**RECORDS SUPPLIED:**
◆ ◆ ◆

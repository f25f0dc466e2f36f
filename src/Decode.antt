-- ===== src/Decode.antt =====
-- The decoders of src/parser_core.cpp: UTF-8, UTF-16 of both byte orders, and the choice between
-- them by the byte order mark. The input that a loop has not read is a list of bytes, and each
-- round of a loop is given one unit of fuel.
pub mod Places
pub mod Utf8Char
pub mod Utf8Inverse
pub mod Utf8
pub mod Total
pub mod Utf16
use xmlparser.Prelude.{
  ℕ, zero, suc, ◌+◌, ◌-◌, ◌*◌, ◌%◌, ◌^◌, bit_and, bit_or, Bool, true, false, ◌&&◌, ◌||◌, not, List,
  [], ◌∷◌, ◌++◌, ltb, leb, ◌==◌, within, if◌then◌else◌, length, drop, is_empty, Bytes, begins_with,
}
use xmlparser.Errors.{
  SourceLocation, start_location, ErrorKind, well_formedness, encoding, empty_input, resource_limit,
  Result, ok, stuck, throw_parse, require, ◌>>=◌, ◌>>◌,
}
use xmlparser.Options.{XmlVersion, ParserOptions}
use xmlparser.Chars.{is_valid_xml_char}

pub record DecodedChar : Type 0 where
  pub value : ℕ
  pub location : SourceLocation

pub record DecodedDocument : Type 0 where
  pub chars : List DecodedChar
  pub end_location : SourceLocation

pub record LocationTracker : Type 0 where
  pub line : ℕ
  pub column : ℕ

abbrev pub new_tracker : LocationTracker
new_tracker = record { line = 1; column = 1 }

unfoldable pub current : LocationTracker → ℕ → SourceLocation
current t byte_offset = record { line = t.line; column = t.column; byte_offset = byte_offset }

unfoldable pub track : LocationTracker → ℕ → LocationTracker
track t value =
    if value == b'\n'
    then record { line = t.line + 1; column = 1 }
    else record t { column = t.column + 1 }

-- `document.chars.push_back({value, location})` in front of what the later rounds push.
abbrev pub push_char : ℕ → SourceLocation → DecodedDocument → DecodedDocument
push_char value location document = record document {
  chars = record { value = value; location = location } ∷ document.chars;
}

-- The lead byte: the bits of the value that it holds, and the width of the sequence.
unfoldable pub lead_byte : SourceLocation → ℕ → Result (ℕ × ℕ)
lead_byte location byte =
    if ltb byte 0x80
    then ok (byte, 1)
    else if bit_and byte 0xE0 == 0xC0
    then (if bit_and byte 0x1F == 0
        then throw_parse encoding location "invalid UTF-8 sequence"
        else ok (bit_and byte 0x1F, 2))
    else if bit_and byte 0xF0 == 0xE0
    then ok (bit_and byte 0x0F, 3)
    else if bit_and byte 0xF8 == 0xF0
    then ok (bit_and byte 0x07, 4)
    else throw_parse encoding location "invalid UTF-8 sequence"

-- `for (index = 1; index < width; ++index)`, with `width - index` rounds left.
unfoldable pub continuations : SourceLocation → ℕ → ℕ → Bytes → Result ℕ
continuations location zero value bytes = ok value
continuations location (suc n) value [] = stuck
continuations location (suc n) value (byte ∷ bytes) = do
  require (bit_and byte 0xC0 == 0x80) encoding location "invalid UTF-8 continuation"
  continuations location n (bit_or (value * 2 ^ 6 % 2 ^ 32) (bit_and byte 0x3F)) bytes

abbrev pub is_scalar : ℕ → ℕ → Bool
is_scalar width value = not (
    (width == 2 && ltb value 0x80)
    || (width == 3 && ltb value 0x800)
    || (width == 4 && ltb value 0x10000)
    || ltb 0x10FFFF value
    || within 0xD800 0xDFFF value)

-- The body of the loop, on the input from `offset` on: the character and its width.
unfoldable pub decode_utf8_char : XmlVersion → SourceLocation → Bytes → Result (ℕ × ℕ)
decode_utf8_char version location [] = stuck
decode_utf8_char version location (byte ∷ bytes) = do
  (bits, width) ← lead_byte location byte
  require (leb width (length (byte ∷ bytes))) encoding location "truncated UTF-8 sequence"
  value ← continuations location (width - 1) bits bytes
  require (is_scalar width value) encoding location "invalid UTF-8 scalar value"
  require (is_valid_xml_char value version) well_formedness location "invalid XML character"
  ok (value, width)

unfoldable pub decode_utf8_loop :
    XmlVersion → ℕ → LocationTracker → ℕ → Bytes → Result DecodedDocument
decode_utf8_loop version fuel tracker offset [] =
    ok (record { chars = []; end_location = current tracker offset })
decode_utf8_loop version zero tracker offset (byte ∷ bytes) = stuck
decode_utf8_loop version (suc fuel) tracker offset (byte ∷ bytes) = do
  (value, width) ← decode_utf8_char version (current tracker offset) (byte ∷ bytes)
  document ←
      decode_utf8_loop version fuel (track tracker value) (offset + width)
        (drop width (byte ∷ bytes))
  ok (push_char value (current tracker offset) document)

unfoldable pub decode_utf8 : Bytes → ℕ → ParserOptions → Result DecodedDocument
decode_utf8 xml start_offset options =
    decode_utf8_loop options.version (length xml) new_tracker start_offset (drop start_offset xml)

-- `read_unit`, on the two bytes at the offset.
unfoldable pub read_unit : Bool → ℕ → ℕ → ℕ
read_unit little_endian first second =
    if little_endian
    then bit_or first (second * 2 ^ 8) % 2 ^ 16
    else bit_or (first * 2 ^ 8) second % 2 ^ 16

-- The body of the loop for a leading surrogate, on the input behind it.
unfoldable pub decode_trail : Bool → SourceLocation → ℕ → Bytes → Result (ℕ × ℕ)
decode_trail little_endian location unit (first ∷ second ∷ bytes) = do
  let trail = read_unit little_endian first second
  require (within 0xDC00 0xDFFF trail) encoding location "invalid UTF-16 surrogate pair"
  ok (0x10000 + bit_or ((unit - 0xD800) * 2 ^ 10) (trail - 0xDC00), 4)
decode_trail little_endian location unit _ =
    throw_parse encoding location "truncated UTF-16 surrogate pair"

unfoldable pub decode_utf16_unit : Bool → SourceLocation → Bytes → Result (ℕ × ℕ)
decode_utf16_unit little_endian location (first ∷ second ∷ bytes) =
    let unit = read_unit little_endian first second in
    if within 0xD800 0xDBFF unit
    then decode_trail little_endian location unit bytes
    else if within 0xDC00 0xDFFF unit
    then throw_parse encoding location "unexpected UTF-16 trailing surrogate"
    else ok (unit, 2)
decode_utf16_unit little_endian location _ =
    throw_parse encoding location "truncated UTF-16 code unit"

unfoldable pub decode_utf16_char : XmlVersion → Bool → SourceLocation → Bytes → Result (ℕ × ℕ)
decode_utf16_char version little_endian location bytes = do
  (value, width) ← decode_utf16_unit little_endian location bytes
  require (is_valid_xml_char value version) well_formedness location "invalid XML character"
  ok (value, width)

unfoldable pub decode_utf16_loop :
    XmlVersion → Bool → ℕ → LocationTracker → ℕ → Bytes → Result DecodedDocument
decode_utf16_loop version little_endian fuel tracker offset [] =
    ok (record { chars = []; end_location = current tracker offset })
decode_utf16_loop version little_endian zero tracker offset (byte ∷ bytes) = stuck
decode_utf16_loop version little_endian (suc fuel) tracker offset (byte ∷ bytes) = do
  (value, width) ← decode_utf16_char version little_endian (current tracker offset) (byte ∷ bytes)
  document ←
      decode_utf16_loop version little_endian fuel (track tracker value) (offset + width)
        (drop width (byte ∷ bytes))
  ok (push_char value (current tracker offset) document)

unfoldable pub decode_utf16 : Bytes → Bool → ParserOptions → Result DecodedDocument
decode_utf16 xml little_endian options =
    decode_utf16_loop options.version little_endian (length xml) new_tracker 2 (drop 2 xml)

-- `if (decoded.chars.empty()) throw ...; return decoded;`
abbrev pub non_empty : SourceLocation → DecodedDocument → Result DecodedDocument
non_empty location decoded =
    require (not (is_empty decoded.chars)) empty_input location "XML input is empty" >> ok decoded

abbrev pub after_mark : ℕ → SourceLocation
after_mark n = record { line = 1; column = 1; byte_offset = n }

abbrev pub utf8_mark : Bytes
utf8_mark = 0xEF ∷ 0xBB ∷ 0xBF ∷ []

abbrev pub utf16_le_mark : Bytes
utf16_le_mark = 0xFF ∷ 0xFE ∷ []

abbrev pub utf16_be_mark : Bytes
utf16_be_mark = 0xFE ∷ 0xFF ∷ []

-- The choice of the decoder, on an input of admissible size.
unfoldable pub choose_decoder : Bytes → ParserOptions → Result DecodedDocument
choose_decoder xml options =
    if begins_with utf8_mark xml
    then decode_utf8 xml 3 options >>= non_empty (after_mark 3)
    else if begins_with utf16_le_mark xml
    then decode_utf16 xml true options >>= non_empty (after_mark 2)
    else if begins_with utf16_be_mark xml
    then decode_utf16 xml false options >>= non_empty (after_mark 2)
    else decode_utf8 xml 0 options >>= non_empty start_location

unfoldable pub decode_document : Bytes → ParserOptions → Result DecodedDocument
decode_document xml options = do
  require (not (is_empty xml)) empty_input start_location "XML input is empty"
  require (leb (length xml) options.max_document_bytes) resource_limit start_location
      "XML input exceeds max_document_bytes"
  choose_decoder xml options
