-- ===== src/Decode/Places.antt =====
-- The places of characters, counted in the characters before them, against LocationTracker.
use xmlparser.Prelude.{
  ℕ, suc, ◌+◌, true, false, List, [], ◌∷◌, ◌++◌, append_assoc, append-nil, ◌==◌, if◌then◌else◌,
  length, length-append, Bool-cases, ◌≡◌, refl, sym, ap, subst, ◌∙◌, arith, inl, inr, Bytes,
}
use xmlparser.Errors.{SourceLocation}
use xmlparser.Decode.{DecodedChar, LocationTracker, current, track, new_tracker}

-- How often the text changes to a new line.
abbrev pub newlines : List ℕ → ℕ
newlines [] = 0
newlines (v ∷ vs) = if v == 10 then suc (newlines vs) else newlines vs

-- The characters behind the last change of the line.
abbrev pub last_line : List ℕ → List ℕ
last_line [] = []
last_line (v ∷ vs) = if newlines (v ∷ vs) == 0 then v ∷ vs else last_line vs

-- The place behind the characters `seen`, which the input has from `start` on.
abbrev pub place_behind : (List ℕ → Bytes) → ℕ → List ℕ → SourceLocation
place_behind encode start seen = record {
  line = newlines seen + 1;
  column = length (last_line seen) + 1;
  byte_offset = start + length (encode seen);
}

-- Each character with the place behind those before it.
abbrev pub placed : (List ℕ → Bytes) → ℕ → List ℕ → List ℕ → List DecodedChar
placed encode start seen [] = []
placed encode start seen (v ∷ vs) =
    record { value = v; location = place_behind encode start seen }
    ∷ placed encode start (seen ++ v ∷ []) vs

-- The same by the tracker; `char_bytes` is the text of a character.
abbrev pub locate : (ℕ → Bytes) → LocationTracker → ℕ → List ℕ → List DecodedChar
locate char_bytes t offset [] = []
locate char_bytes t offset (v ∷ vs) =
    record { value = v; location = current t offset }
    ∷ locate char_bytes (track t v) (offset + length (char_bytes v)) vs

abbrev pub track_all : LocationTracker → List ℕ → LocationTracker
track_all t [] = t
track_all t (v ∷ vs) = track_all (track t v) vs

newlines-snoc :
    (vs : List ℕ) (v : ℕ)
    → newlines (vs ++ v ∷ []) ≡ (if v == 10 then suc (newlines vs) else newlines vs)
newlines-snoc [] v = refl
newlines-snoc (w ∷ vs) v = ground (arith, newlines-snoc vs v)

last_line-newline : (vs : List ℕ) (v : ℕ) → (v == 10) ≡ true → last_line (vs ++ v ∷ []) ≡ []
last_line-newline [] v e = rw (e) refl
last_line-newline (w ∷ vs) v e =
    let more : (newlines (w ∷ (vs ++ v ∷ [])) == 0) ≡ false =
      ground (arith, newlines-snoc vs v, e) in
    rw (more) (last_line-newline vs v e)

last_line-other :
    (vs : List ℕ) (v : ℕ) → (v == 10) ≡ false → last_line (vs ++ v ∷ []) ≡ last_line vs ++ v ∷ []
last_line-other [] v e = rw (e) refl
last_line-other (w ∷ vs) v e =
    let same : newlines (w ∷ (vs ++ v ∷ [])) ≡ newlines (w ∷ vs) =
      ground (arith, newlines-snoc vs v, e) in
    elim (Bool-cases (newlines (w ∷ vs) == 0)) [
      | inl one ↦ rw (same, one) refl
      | inr more ↦ rw (same, more) (last_line-other vs v e)
    ]

-- The tracker has seen these characters.
abbrev pub Tracks : LocationTracker → List ℕ → Type 0
Tracks t seen = (t.line ≡ newlines seen + 1) × (t.column ≡ length (last_line seen) + 1)

Tracks-track :
    (t : LocationTracker) (seen : List ℕ) (v : ℕ)
    → Tracks t seen
    → Tracks (track t v) (seen ++ v ∷ [])
unfolding track
Tracks-track t seen v (line, column) = elim (Bool-cases (v == 10)) [
  | inl e ↦ rw (e) (
    ground (arith, line, newlines-snoc seen v, e),
    ap (λ (xs : List ℕ). length xs + 1) (sym (last_line-newline seen v e)),
  )
  | inr e ↦ rw (e) (
    ground (arith, line, newlines-snoc seen v, e),
    omega (arith, column, length-append (last_line seen) (v ∷ []))
        ∙ ap (λ (xs : List ℕ). length xs + 1) (sym (last_line-other seen v e)),
  )
]

pub Tracks-track_all :
    (t : LocationTracker) (seen vs : List ℕ) → Tracks t seen → Tracks (track_all t vs) (seen ++ vs)
Tracks-track_all t seen [] h = subst (Tracks t) (sym (append-nil seen)) h
Tracks-track_all t seen (v ∷ vs) h =
    subst (Tracks (track_all (track t v) vs)) (append_assoc seen (v ∷ []) vs)
      (Tracks-track_all (track t v) (seen ++ v ∷ []) vs (Tracks-track t seen v h))

pub Tracks-new : Tracks new_tracker []
Tracks-new = (refl, refl)

pub current-Tracks :
    (encode : List ℕ → Bytes) (start offset : ℕ) (t : LocationTracker) (seen : List ℕ)
    → Tracks t seen
    → offset ≡ start + length (encode seen)
    → current t offset ≡ place_behind encode start seen
unfolding current
current-Tracks encode start offset t seen (line, column) e = rw (line, column, e) refl

module _ (encode : List ℕ → Bytes) (char_bytes : ℕ → Bytes)
    (one_more : (xs : List ℕ) (v : ℕ)
      → length (encode (xs ++ v ∷ [])) ≡ length (encode xs) + length (char_bytes v)) where
  pub locate-placed :
      (start offset : ℕ) (t : LocationTracker) (seen vs : List ℕ)
      → Tracks t seen
      → offset ≡ start + length (encode seen)
      → locate char_bytes t offset vs ≡ placed encode start seen vs
  locate-placed start offset t seen [] h e = refl
  locate-placed start offset t seen (v ∷ vs) h e =
      let rest =
        locate-placed start (offset + length (char_bytes v)) (track t v) (seen ++ v ∷ []) vs
          (Tracks-track t seen v h) (omega (arith, e, one_more seen v)) in
      rw (current-Tracks encode start offset t seen h e, rest) refl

◆ ◆ ◆

**TASK GOAL:**
Start with the first line. Please copy exactly each line of the listing through the one with "later rounds push.", including it.

**OUTPUT:**
repository f25f0dc466e2f36f
filename src/Decode.antt
-- ===== src/Decode.antt =====
-- The decoders of src/parser_core.cpp: UTF-8, UTF-16 of both byte orders, and the choice between
-- them by the byte order mark. The input that a loop has not read is a list of bytes, and each
-- round of a loop is given one unit of fuel.
pub mod Places
pub mod Utf8Char
pub mod Utf8Inverse
pub mod Utf8
pub mod Total
pub mod Utf16
use xmlparser.Prelude.{
  ℕ, zero, suc, ◌+◌, ◌-◌, ◌*◌, ◌%◌, ◌^◌, bit_and, bit_or, Bool, true, false, ◌&&◌, ◌||◌, not, List,
  [], ◌∷◌, ◌++◌, ltb, leb, ◌==◌, within, if◌then◌else◌, length, drop, is_empty, Bytes, begins_with,
}
use xmlparser.Errors.{
  SourceLocation, start_location, ErrorKind, well_formedness, encoding, empty_input, resource_limit,
  Result, ok, stuck, throw_parse, require, ◌>>=◌, ◌>>◌,
}
use xmlparser.Options.{XmlVersion, ParserOptions}
use xmlparser.Chars.{is_valid_xml_char}

pub record DecodedChar : Type 0 where
  pub value : ℕ
  pub location : SourceLocation

pub record DecodedDocument : Type 0 where
  pub chars : List DecodedChar
  pub end_location : SourceLocation

pub record LocationTracker : Type 0 where
  pub line : ℕ
  pub column : ℕ

abbrev pub new_tracker : LocationTracker
new_tracker = record { line = 1; column = 1 }

unfoldable pub current : LocationTracker → ℕ → SourceLocation
current t byte_offset = record { line = t.line; column = t.column; byte_offset = byte_offset }

unfoldable pub track : LocationTracker → ℕ → LocationTracker
track t value =
    if value == b'\n'
    then record { line = t.line + 1; column = 1 }
    else record t { column = t.column + 1 }

-- `document.chars.push_back({value, location})` in front of what the later rounds push.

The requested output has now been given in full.